-- ===== src/Audit/Rotation.antt =====
-- The rotation of crates/opticcode-policy/src/audit.rs keeps the newest events within its bounds.
use mathlib.Core.List.{Perm}
use mathlib.Core.List.Perm
use optic_code.Audit.{AuditFile, insert_file, sort_files, total_bytes}
use optic_code.Prelude.{
  List, Result, [], arith, false, length, nat_eq, ok, refl, suc, ℕ, ◌++◌, ◌+◌, ◌∷◌, ◌≡◌, ◌≤◌,
}
use optic_code.Text.{Text, text_lt}

insert_file-total :
    (f : AuditFile) (files : List AuditFile)
    → total_bytes (insert_file f files) ≡ f.byte_count + total_bytes files
unfolding insert_file
insert_file-total f [] = refl
insert_file-total f (g ∷ rest) = ground (arith, insert_file-total f rest)

insert_file-length :
    (f : AuditFile) (files : List AuditFile) → length (insert_file f files) ≡ suc (length files)
unfolding insert_file
insert_file-length f [] = refl
insert_file-length f (g ∷ rest) = ground (arith, insert_file-length f rest)

pub sort_files-total : (files : List AuditFile) → total_bytes (sort_files files) ≡ total_bytes files
unfolding sort_files
sort_files-total [] = refl
sort_files-total (f ∷ rest) =
    omega (arith, insert_file-total f (sort_files rest), sort_files-total rest)

pub sort_files-length : (files : List AuditFile) → length (sort_files files) ≡ length files
unfolding sort_files
sort_files-length [] = refl
sort_files-length (f ∷ rest) =
    omega (arith, insert_file-length f (sort_files rest), sort_files-length rest)

-- Sorted by name, which begins with the time: no file stands before one that is older.
abbrev pub IsSortedByName : List AuditFile → Type 0
IsSortedByName [] = Unit
IsSortedByName (f ∷ []) = Unit
IsSortedByName (f ∷ g ∷ rest) = (text_lt g.name f.name ≡ false) × IsSortedByName (g ∷ rest)

-- within the bounds on files and bytes
abbrev pub Fits : ℕ → ℕ → List AuditFile → Type 0
Fits max_events max_bytes files = (length files ≤ max_events) × (total_bytes files ≤ max_bytes)

-- each file went while what was left did not fit
abbrev pub Needed : ℕ → ℕ → List AuditFile → List AuditFile → Type 0
Needed max_events max_bytes [] kept = Unit
Needed max_events max_bytes (f ∷ dropped) kept =
    ¬ Fits max_events max_bytes (f ∷ dropped ++ kept) × Needed max_events max_bytes dropped kept

-- What a rotation leaves of the files in order: an end of them, each of the others was in excess, and
-- what is left fits if no removal failed.
pub record IsRotation (max_events max_bytes : ℕ) (files kept : List AuditFile)
    (answer : Result Text Unit) : Type 0 where
  pub dropped : List AuditFile
  pub parts : files ≡ dropped ++ kept
  pub needed : Needed max_events max_bytes dropped kept
  pub bounded : answer ≡ ok tt → Fits max_events max_bytes kept
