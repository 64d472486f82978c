-- ===== src/Engine/Binding.antt =====
-- `approval_binding` of crates/opticcode-policy/src/engine.rs: the state that an approval is bound to.
use optic_code.Approval.{Codec}
use optic_code.Approval.Binding.{ApprovalBinding, ApprovalFileBinding, normalized}
use optic_code.FilePath.{FilePath, to_text}
use optic_code.Host.{Host}
use optic_code.Model.{PolicyRequest}
use optic_code.Model.Actions.{
  PolicyAction, TransactionAction, apply_patch, git_commit, recover_transaction,
  rollback_transaction,
}
use optic_code.Paths.{PathSafetyReport, inspect_root}
use optic_code.Prelude.{
  List, Result, [], map, map_err, map_ok, none, ok, ok_or, some, take, ◌++◌, ◌>>=◌, ◌>>◌, ◌∷◌,
}
use optic_code.Text.{Text, bytes, forward_slashes, to_ascii_lowercase}
use optic_code.Validate.{PolicyError, invalid_path_request, invalid_request, validate_hash_value}

unfoldable pub normalized_absolute : FilePath → Text
normalized_absolute p = to_ascii_lowercase (forward_slashes (to_text p))

module _ (host : Host) where
  unfoldable pub action_hash : PolicyAction → Result PolicyError Text
  action_hash action = map_ok host.blake3 (map_err invalid_request (host.action_json action))

  -- the digest of an inspected path, and that of its content or else of its metadata
  abbrev file_binding : PathSafetyReport → ApprovalFileBinding
  file_binding path = record {
    path_hash = host.blake3 (
        normalized_absolute path.root ++ bytes ":" ++ forward_slashes (to_text path.relative_path));
    expected_hash = elim path.fingerprint.content_hash [
      | some hash ↦ hash
      | none ↦ path.fingerprint.metadata_hash
    ];
  }

  unfoldable pub file_bindings : FilePath → List PathSafetyReport → List ApprovalFileBinding
  file_bindings workspace_root [] =
      record {
        path_hash = host.blake3 (normalized_absolute workspace_root);
        expected_hash = host.blake3 (bytes "no_file_binding");
      }
      ∷ []
  file_bindings workspace_root (p ∷ rest) = file_binding p ∷ map file_binding rest

abbrev head_of : PolicyRequest → Text
head_of request = elim request.workspace.repository [
  | none ↦ bytes "no-head"
  | some repository ↦ repository.head
]

-- HEAD, diff hash, files hash and transaction of an action; `hash` is the action's
pub record Subject : Type 0 where
  pub base_head : Text
  pub diff_hash : Text
  pub files_hash : Text
  pub transaction_id : Text

abbrev transaction_subject : PolicyRequest → TransactionAction → Text → Subject
transaction_subject request action files_hash = record {
  base_head = head_of request;
  diff_hash = action.expected_state_hash;
  files_hash = files_hash;
  transaction_id = action.transaction_id;
}

unfoldable pub subject_of :
    PolicyRequest → PolicyAction → Text → Result PolicyError Text → Result PolicyError Subject
subject_of request (apply_patch action) hash hashed_files = ok (record {
  base_head = action.base_head;
  diff_hash = action.diff_hash;
  files_hash = action.files_hash;
  transaction_id = action.transaction_id;
})
subject_of request (git_commit action) hash hashed_files = do
  files_hash ← hashed_files
  ok (record {
    base_head = head_of request;
    diff_hash = action.tree_hash;
    files_hash = files_hash;
    transaction_id = bytes "commit-" ++ take 16 action.tree_hash;
  })
subject_of request (recover_transaction action) hash hashed_files = do
  files_hash ← hashed_files
  ok (transaction_subject request action files_hash)
subject_of request (rollback_transaction action) hash hashed_files = do
  files_hash ← hashed_files
  ok (transaction_subject request action files_hash)
subject_of request _ hash hashed_files = do
  files_hash ← hashed_files
  ok (record {
    base_head = head_of request;
    diff_hash = hash;
    files_hash = files_hash;
    transaction_id = bytes "action-" ++ take 16 hash;
  })

module _ (host : Host) (codec : Codec) where
  unfoldable pub hash_file_bindings : List ApprovalFileBinding → Result PolicyError Text
  hash_file_bindings files = map_ok host.blake3 (map_err invalid_request (codec.files_json files))

  unfoldable pub approval_binding :
      PolicyRequest → List PathSafetyReport → Result PolicyError ApprovalBinding
  approval_binding request paths = do
    hash ← action_hash host request.action
    workspace_root ← map_err invalid_path_request (inspect_root host request.workspace.root)
    digest ←
        ok_or (invalid_request (bytes "approval requires an observed working-tree digest"))
          request.workspace.working_tree_digest
    map_err invalid_path_request (validate_hash_value digest "working-tree digest")
    let files = file_bindings host workspace_root paths
    subject ← subject_of request request.action hash (hash_file_bindings files)
    map_err invalid_request (
        normalized (record {
          request_id = request.request_id;
          workspace_id = request.workspace.workspace_id;
          workspace_root_hash = host.blake3 (normalized_absolute workspace_root);
          mode = request.mode;
          base_head = subject.base_head;
          working_tree_digest = digest;
          diff_hash = subject.diff_hash;
          files_hash = subject.files_hash;
          files = files;
          action_hashes = hash ∷ [];
          transaction_id = subject.transaction_id;
        }))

⁂

Your objective >> The range runs from the line above containing "(f : AuditFile) (files : List AuditFile) →" to the line containing "omega (arith, insert_file-length", inclusive. Restate those lines word for word and no others.

Output of the exercise >>
    (f : AuditFile) (files : List AuditFile) → length (insert_file f files) ≡ suc (length files)
unfolding insert_file
insert_file-length f [] = refl
insert_file-length f (g ∷ rest) = ground (arith, insert_file-length f rest)

pub sort_files-total : (files : List AuditFile) → total_bytes (sort_files files) ≡ total_bytes files
unfolding sort_files
sort_files-total [] = refl
sort_files-total (f ∷ rest) =
    omega (arith, insert_file-total f (sort_files rest), sort_files-total rest)

pub sort_files-length : (files : List AuditFile) → length (sort_files files) ≡ length files
unfolding sort_files
sort_files-length [] = refl
sort_files-length (f ∷ rest) =
    omega (arith, insert_file-length f (sort_files rest), sort_files-length rest)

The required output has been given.